The Fire Emblem DS Font Tool

FE11/fonts/talk, deciphered

What does FEDS_Font_Tool Do

Currently, de/reciphering 4bpp fonts and 2bpp (sys_wars and system) are implemented. The deciphered output can be opened with Crystal Tiles 2.

For 4bpp fonts, the tile form is 4bpp GBA, 4-byte skipped, 16×16. Use 4bpp.pal as a predefined palette to see the glyphs clearly. In the skipped 4-bytes, the following are written: low byte, high byte, width and null.

For aforementioned 2bpp fonts, the tile form is 2bpp VB, 4-byte skipped, 8×16. In the skipped 4-bytes, the following are written: high byte, width, low byte and null.

For convenience, when deciphering, a list (tab-separated) of characters in the source font is created.

File Specs

Talk

The Fire Emblem DS font files, fonts/talk used for dialogs are weird. fonts/alpha is written in the same way, but there is likely no need to edit alpha. Not related to font files, but some class demo images in intro/L* and intro/S* archives, prefixed 0x50, use the same format. Though the data is quite complicated to understand, there was not a documentation for that, so I had to decipher for a few days and write a documentation for them.

Parts

The first thirty-two bytes are the header for the file as usual, containing total size of the file (4 bytes), location of the pointer list (4 bytes), and the number of pointers (4 bytes). Because of this header, the value of every pointer is the relative address after the header (i.e. from 0x20), including the aforementioned pointer list location on the header. For example, if the physical location of the pointer list is 0x8020, it should be written as 0x8000 i.e. 00 80 00 00.

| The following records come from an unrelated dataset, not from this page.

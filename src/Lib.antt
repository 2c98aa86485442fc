-- ===== src/Lib.antt =====
-- A model of the rekor server: a transparency log over shards, each a tree of a log server.
--
-- The parts, and how they interact:
-- - Base: what the modules share. A Go string is the list of its bytes, an int64 an integer whose
--   operations wrap, and a call that returns a value and an error a Result.
-- - Golib: the functions of Go's standard library that the code calls: hexadecimal, base64, numbers,
--   runes and lines.
-- - Sharding.EntryId: pkg/sharding/sharding.go. An entry id is a tree id of 16 hexadecimal bytes and a
--   UUID of 64. CreateEntryIDFromParts is create_entry_id_from_parts, TreeID is tree_id_of.
-- - Sharding.Ranges: pkg/sharding/ranges.go and log_index.go. Virtual indexes count through the
--   inactive shards and then the active one. Building: NewLogRanges and CompleteInitialization.
-- - Signer: pkg/signer/signer.go. The signers of a shard, from its configuration; the loop of
--   NewMultipleFromConfig is rounds, over a record of its variables.
-- - Trillian.Client: pkg/trillianclient/trillian_client.go. Each call takes the state of the world to a
--   Response and the state after it. Calls has the reading calls, Adding has AddLeaf.
-- - Trillian.Manager: pkg/trillianclient/manager.go. One function for each section that holds a lock,
--   so that the sections of several callers can be put in any order.
-- - Types: pkg/types/entries.go, types.go and versionmap.go. Which entries may be submitted, and the
--   factories of the versions of a kind.
-- - Util: pkg/util/checkpoint.go, signed_note.go and sha.go. NoteText has UnmarshalText of notes and of
--   signed checkpoints.
-- - Api: pkg/api/entries.go, tlog.go, index.go, error.go and public_key.go. Leaf: logEntryFromLeaf,
--   Retrieve: the retrieval of entries, Search: SearchLogQueryHandler, Create: createLogEntry from its
--   call of AddLeaf on, Create.Proposed: what it does before, Tlog: the handlers of tlog.go, Index:
--   SearchIndexHandler, Errors: handleRekorAPIError, PublicKeys: the handlers of public keys. The
--   record Api has the shards of Sharding.Ranges, and gives a server of Trillian.Client for a tree id.
-- - Verify: pkg/verify/verify.go, the checks of a client. Verify.Created states what the server of Api
--   and a client have in common: received is a new entry as the client gets it.
-- - Cli: cmd/rekor-cli/app. LogInfo: log_info.go, which checks tree heads as Verify does against those
--   that State, state/state.go, keeps in a file.
--
-- Parameters: gRPC and the log server, the verifiers of Merkle proofs, keys and signatures, JSON and
-- YAML, files, semantic versions, and the storage of attestations and of the index are records of
-- functions, with the laws that a theorem uses as fields of a record (Merges, Pair, IsClientOf) or
-- as hypotheses.
--
-- Fuel: only the wait loop of AddLeaf runs on fuel, one unit for a round. A wait ends with an update of
-- the log root, and so `n` + 2 rounds are enough where the log server merges the leaf within `n`
-- updates (the record Merges of Trillian.Client.Adding.Waiting). Parsing and printing of numbers have
-- 64 digits, which is enough for 64 bits in every base.
--
-- Order: a Go map is a list of its keys with their values. Go may go through it in any order, so what
-- depends on the order is stated for the order of the list only.
--
-- Not modelled: the tasks that createLogEntry starts, the start of the server (NewAPI), the packages of
-- the types of entries and of the formats of keys, storage, events, the other commands and generated
-- code. Logging and metrics are left out of what is modelled.
pub mod Base
pub mod Golib
pub mod Sharding
pub mod Signer
pub mod Trillian
pub mod Types
pub mod Util
pub mod Api
pub mod Verify
pub mod Cli
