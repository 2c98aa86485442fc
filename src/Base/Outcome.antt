-- ===== src/Base/Outcome.antt =====
-- A call that returns `(value, error)`: the value where the error is nil, else the error.
use mathlib.Core.Path.{◌≡◌, refl}
use mathlib.Core.Logic.{◌⊎◌, inl, inr}
use mathlib.Core.Bool.{Bool, true, false}

pub data Result {ℓ κ} (E : Type ℓ) (A : Type κ) : Type (ℓ ⊔ κ) where
  ok : A → Result E A
  err : E → Result E A

-- `if !test { return failure }`
abbrev pub guard {ℓ} : {E : Type ℓ} → Bool → E → Result E (Unit {0})
guard false failure = err failure
guard true _ = ok tt

infixl 5 ◌>>=◌ ◌>>◌
-- `if err != nil { return err }`, and on with the value.
abbrev pub ◌>>=◌ {ℓ κ ι} :
    {E : Type ℓ} {A : Type κ} {B : Type ι} → Result E A → (A → Result E B) → Result E B
err failure >>= next = err failure
ok value >>= next = next value

abbrev pub ◌>>◌ {ℓ κ} : {E : Type ℓ} {B : Type κ} → Result E (Unit {0}) → Result E B → Result E B
checked >> next = checked >>= λ done. next

module _ {ℓ κ} {E : Type ℓ} {A : Type κ} where
  abbrev pub is_ok : Result E A → Bool
  is_ok (ok a) = true
  is_ok (err e) = false

  pub Result-cases : (r : Result E A) → ((a : A) × (r ≡ ok a)) ⊎ ((e : E) × (r ≡ err e))
  Result-cases (ok a) = inl (a, refl)
  Result-cases (err e) = inr (e, refl)

  pub >>=-eq-ok {ι} :
      {B : Type ι} (call : Result E A) (next : A → Result E B) {result : B}
      → (call >>= next) ≡ ok result
      → (value : A) × (call ≡ ok value) × (next value ≡ ok result)
  >>=-eq-ok (err failure) next eq = cc
  >>=-eq-ok (ok value) next eq = (value, refl, eq)

  pub ok-injective : {a b : A} → ◌≡◌ {A = Result E A} (ok a) (ok b) → a ≡ b
  ok-injective e = cc

  pub err-injective : {d e : E} → ◌≡◌ {A = Result E A} (err d) (err e) → d ≡ e
  err-injective e = cc

  pub ok-ne-err : {a : A} {e : E} → ¬ (◌≡◌ {A = Result E A} (ok a) (err e))
  ok-ne-err e = cc

module _ {ℓ κ ι} {E : Type ℓ} {F : Type κ} {A : Type ι} where
  -- fmt.Errorf with %w: the error in the words of the caller.
  abbrev pub wrap : (E → F) → Result E A → Result F A
  wrap f (ok a) = ok a
  wrap f (err e) = err (f e)

  pub wrap-eq-ok : (f : E → F) (r : Result E A) {a : A} → wrap f r ≡ ok a → r ≡ ok a
  wrap-eq-ok f (ok a) e = cc
  wrap-eq-ok f (err x) e = cc

pub guard-ok {ℓ} :
    {E : Type ℓ} (b : Bool) (failure : E) {u : Unit {0}} → guard b failure ≡ ok u → b ≡ true
guard-ok true failure eq = refl
guard-ok false failure eq = cc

After the header, the data is separated by four parts. The first part contains the addresses of glyph data lists by low bytes (0x40..0xFF). The second part contains such lists, where those are separated by 32-bit zeros. Each glyph data in a list consists of eight bytes and contains full character code (2 bytes), width (2 bytes) and the location of glyph data (4 bytes). The third part is the glyph data (where the boundary of each glyph may not visible), and the fourth part is the pointer list containing the location of every pointers.

Glyph

In short, each glyph is compressed (or, I would say, ciphered) using some sort of Run-length encoding. The deciphered glyph is of 4bpp format.

The binary data for a glyph is separated into blocks of five bytes.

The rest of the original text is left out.